Más allá de lo que marca la realidad de los hechos, el sesgo ideológico determina parte de nuestras emociones. La neurociencia sostiene que juzgamos conforme a un marco intuitivo que, en gran medida, es el de nuestra adolescencia y que se corresponde básicamente con un sistema de creencias, ya sea profano o religioso. Del papa «malo» -Ratzinger- al papa «bueno» -Bergoglio- hubo apenas una distancia de días que casa más con una gestualidad diferente que con unas políticas concretas. También España -según algunos- ha pasado de ser un país en retroceso democrático a una nueva Dinamarca del sur, avanzada en la conquista de derechos civiles, dialogante y moderna. Ha sido -otra vez- cuestión de días, casi de horas: el nombre de algunos ministros, la presencia mayoritaria de mujeres, el eco mediático dentro y fuera del país. Se diría que, tras el invierno popular, llega la primavera socialista.

Si constato esta sorprendente mutación en el ánimo colectivo, no es porque piense que no tengamos motivos para ello -de hecho creo que la ausencia de discurso político de Mariano Rajoy fue suicida-, sino simplemente para observar la importancia del encuadre ideológico predominante en una sociedad a la hora de explicar sus reacciones instintivas. Es difícil romper ese marco -ya sea el nacionalista en el País Vasco y en Cataluña, o el socialista en el resto de España- cuando ciertas ideas adquieren un peso protagonista.

Ni siquiera el paso del tiempo permite juzgar los hechos sin el concurso de las ideas -juzgar con ecuanimidad, quiero decir.

Frente a los que creen que vivimos en un mundo cada vez más material, cabe sostener lo contrario: nuestra prosperidad se asienta en la deuda, el dinero es una convención, el papel desaparece en favor de los medios digitales. Las grandes empresas de hoy no son ya las petroleras ni las eléctricas, sino buscadores de internet como Google/Alphabet, redes sociales como Facebook y Twitter o proveedores de ocio como Netflix. Nuestro materialismo se asienta en el manoseo de unas emociones que nos permitan sentirnos buenos e importantes, y no culpables o secundarios, en el teatro de la comedia que es la vida social.

En la política no sucede algo muy distinto. Cuentan los hechos -por supuesto-, pero sólo hasta el punto de que no contradigan nuestras ideas ni nuestras creencias, tan íntimamente ligadas. Por eso el paso del tiempo nos permite alejarnos de las pasiones del momento, pero no nos previene de la ceguera de otra época.

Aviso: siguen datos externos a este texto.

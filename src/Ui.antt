-- ===== src/Ui.antt =====
-- packages/ui: the client's selection of rows.
pub mod Filters
pub mod Grouping
pub mod Store
pub mod Stream
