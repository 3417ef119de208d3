-- ===== src/Manager/Draining.antt =====
-- The steps that are left to the stop function of internal/job/manager.go.
use golang_videoencoder_api.Prelude.{
  ℕ, zero, suc, ◌+◌, ◌*◌, ◌<◌, List, [], ◌∷◌, length, length-append, Bool, true, false, Option,
  none, some, ◌≡◌, ◌⊎◌, inl, inr, refl, sym, ap, subst, arith,
}
use golang_videoencoder_api.Worker.{JobWorkerResult}
use golang_videoencoder_api.Manager.Channels.{
  Phase, running, draining, flushing, stopped, messages_closed, results_closed, Hub, Step, enqueue,
  stop_producing, receive, finish, send, log, leave, stop, workers_gone, logger_leaves,
  stop_returns, Run, here, next, Reaches,
}
use golang_videoencoder_api.Manager.Phases.{HubInv, start-HubInv}
use golang_videoencoder_api.Manager.Crew.{Run-HubInv}

abbrev pub phases_left : Phase → ℕ
phases_left running = 3
phases_left draining = 2
phases_left flushing = 1
phases_left stopped = 0

abbrev count {ℓ} : {A : Type ℓ} → Option A → ℕ
count none = 0
count (some _) = 1

abbrev logger_left : Bool → ℕ
logger_left true = 0
logger_left false = 1

abbrev producers_left : Bool → ℕ
producers_left true = 1
producers_left false = 0

module _ {M : Type 0} where
  -- When no message comes any more: each message is received, served, sent and logged, each worker
  -- and the logger return, and the stop function goes through its phases.
  abbrev pub steps_left : Hub M → ℕ
  steps_left s =
      4 * length s.buffer
      + (4 * length s.working
          + (3 * length s.sending
              + (s.waiting
                  + (count s.logging
                      + (phases_left s.phase
                          + (logger_left s.logger_done + producers_left s.producing))))))

module _ {M W : Type 0} (serve : M → W → JobWorkerResult × W) (workers : ℕ) where
  pub Step-steps_left :
      {s : Hub M} {w : W} {t : Hub M} {v : W}
      → Step serve workers s w t v
      → s.producing ≡ false
      → (t.producing ≡ false) × (suc (steps_left t) ≡ steps_left s)
  Step-steps_left (enqueue msg on opened room) quiet = cc
  Step-steps_left (stop_producing on) quiet = cc
  Step-steps_left (receive msg rest others full free) quiet =
      (quiet, omega (arith, ap (length {A = M}) full))
  Step-steps_left (finish before msg after at) quiet = (
    quiet,
    omega (
      arith,
      ap (length {A = M}) at,
      length-append before (msg ∷ after),
      length-append before after,
    ),
  )
  Step-steps_left (send before r after at free opened) quiet = (
    quiet,
    omega (
      arith,
      ap (length {A = JobWorkerResult}) at,
      ap (count {A = JobWorkerResult}) free,
      length-append before (r ∷ after),
      length-append before after,
    ),
  )
  Step-steps_left (log r at) quiet = (quiet, omega (arith, ap (count {A = JobWorkerResult}) at))
  Step-steps_left (leave others free drained shut) quiet = (quiet, omega arith)
  Step-steps_left (stop at) quiet = (quiet, omega (arith, ap phases_left at))
  Step-steps_left (workers_gone at all) quiet = (quiet, omega (arith, ap phases_left at))
  Step-steps_left (logger_leaves shut free on) quiet = (quiet, omega (arith, ap logger_left on))
  Step-steps_left (stop_returns at ended) quiet = (quiet, omega (arith, ap phases_left at))

  Run-steps_left :
      {s : Hub M} {w : W} {n : ℕ} {t : Hub M} {v : W}
      → Run serve workers s w n t v
      → s.producing ≡ false
      → (t.producing ≡ false) × (n + steps_left t ≡ steps_left s)
  Run-steps_left here quiet = (quiet, omega arith)
  Run-steps_left (next run step) quiet =
      let (still, done) = Run-steps_left run quiet in
      let (after, one) = Step-steps_left step still in (after, omega arith)

  -- A state in which some goroutine can go on.
  abbrev pub Moves : Hub M → W → Type 0
  Moves s w = (t : Hub M) × (v : W) × Step serve workers s w t v

  log_or_send :
      (s : Hub M) (w : W) (sending : List JobWorkerResult) (logging : Option JobWorkerResult)
      → s.sending ≡ sending
      → s.logging ≡ logging
      → results_closed s.phase ≡ false
      → 0 < length sending
      → Moves s w
  log_or_send s w sending (some r) e f opened h = (_, _, log r f)
  log_or_send s w [] none e f opened h = elim h [ ]
  log_or_send s w (r ∷ rest) none e f opened h = (_, _, send [] r rest e f opened)

  -- While a worker is left and `ResultChannel` is open, something moves.
  crew-Moves :
      (s : Hub M) (w : W) (buffer working : List M) (waiting : ℕ)
      → s.buffer ≡ buffer
      → s.working ≡ working
      → s.waiting ≡ waiting
      → messages_closed s.phase ≡ true
      → results_closed s.phase ≡ false
      → 0 < waiting + (length working + length s.sending)
      → Moves s w
  crew-Moves s w buffer (msg ∷ rest) waiting e f g shut opened h = (_, _, finish [] msg rest f)
  crew-Moves s w (msg ∷ rest) [] (suc others) e f g shut opened h =
      (_, _, receive msg rest others e g)
  crew-Moves s w [] [] (suc others) e f g shut opened h = (_, _, leave others g e shut)
  crew-Moves s w buffer [] zero e f g shut opened h =
      log_or_send s w s.sending s.logging refl refl opened (omega arith)

  flushing-Moves :
      (s : Hub M) (w : W) (logging : Option JobWorkerResult) (done : Bool)
      → s.phase ≡ flushing
      → s.logging ≡ logging
      → s.logger_done ≡ done
      → Moves s w
  flushing-Moves s w (some r) done e f g = (_, _, log r f)
  flushing-Moves s w none true e f g = (_, _, stop_returns e g)
  flushing-Moves s w none false e f g =
      (_, _, logger_leaves (subst (λ (p : Phase). results_closed p ≡ true) (sym e) refl) f g)

  draining-Moves :
      (s : Hub M) (w : W) (left : ℕ)
      → HubInv workers s
      → s.phase ≡ draining
      → s.waiting + (length s.working + length s.sending) ≡ left
      → Moves s w
  draining-Moves s w zero inv e f = (_, _, workers_gone e (omega (arith, inv.crew)))
  draining-Moves s w (suc left) inv e f =
      crew-Moves s w s.buffer s.working s.waiting refl refl refl
        (subst (λ (p : Phase). messages_closed p ≡ true) (sym e) refl)
        (subst (λ (p : Phase). results_closed p ≡ false) (sym e) refl) (omega arith)

  pub stopped-or-Moves :
      (s : Hub M) (w : W) (p : Phase)
      → HubInv workers s
      → s.phase ≡ p
      → (s.phase ≡ stopped) ⊎ Moves s w
  stopped-or-Moves s w running inv e = inr (_, _, stop e)
  stopped-or-Moves s w draining inv e = inr (draining-Moves s w _ inv e refl)
  stopped-or-Moves s w flushing inv e = inr (flushing-Moves s w _ _ e refl refl)
  stopped-or-Moves s w stopped inv e = inl e

  -- From every state that the manager comes to, once no sender of messages is left: whichever
  -- goroutines go on, each step lowers the number of steps that are left by one, and until the stop
  -- function has returned some goroutine can go on, so that it returns after finitely many steps.
  pub stop_terminates :
      {w : W} {s : Hub M} {v : W}
      → Reaches serve workers w s v
      → s.producing ≡ false
      → (n : ℕ) (t : Hub M) (x : W) → Run serve workers s v n t x
      → (n + steps_left t ≡ steps_left s) × ((t.phase ≡ stopped) ⊎ Moves t x)
  stop_terminates (_, reached) quiet n t x run =
      let inv =
        Run-HubInv serve workers (Run-HubInv serve workers (start-HubInv workers) reached) run in
      let (still, left) = Run-steps_left run quiet in (left, stopped-or-Moves t x t.phase inv refl)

Al fin y al cabo, releemos constantemente la historia como nos gusta que suene.

El relato de los años de Rajoy en la Moncloa estará inevitablemente sesgado por la ideología. Para algunos, su etapa de gobierno ha logrado salvar al país del desastre económico que dejó el anterior ejecutivo socialista. España es hoy indudablemente un país más próspero, flexible y competitivo que en 2010. Para otros, sin embargo, Rajoy es el epítome de la corrupción y el gran responsable de la crisis catalana. Seguramente no ha sido ni una cosa ni la otra, sino un hombre adecuado para determinados retos e inadecuado para otros. Un político tranquilo, sobrio y austero. No un presidente imaginativo que haya podido ofrecer una visión de Estado ni soñar con otros horizontes que no fueran los de la gestión cotidiana. Se enfrentó a desafíos inauditos en nuestra historia reciente: el peligro de la quiebra del euro, la voladura del sistema financiero, la deslealtad autonómica del nacionalismo, el malestar social, el retorno de la tentación populista en todo Occidente.

Al igual que Merkel, intuyó que la burocracia constituía la mejor herramienta de contención en épocas de crisis. La suya fue siempre un actitud defensiva, excesivamente prudente, que dejaba el dominio del campo al adversario. La corrupción fue segando su camino; primero lentamente, luego de forma acelerada.

Su mayor error fue la ausencia de ambición intelectual, de política en mayúsculas. Prefirió, en cambio, amortiguar la voz del gobierno.

Descreyó de todo aquello en lo que ahora cree Sánchez: el dinamismo gubernamental, el marketing, el buenismo social.

Pensó que los hechos terminarían dándole la razón; pero los hechos, sin las ideas, rara vez conceden el triunfo.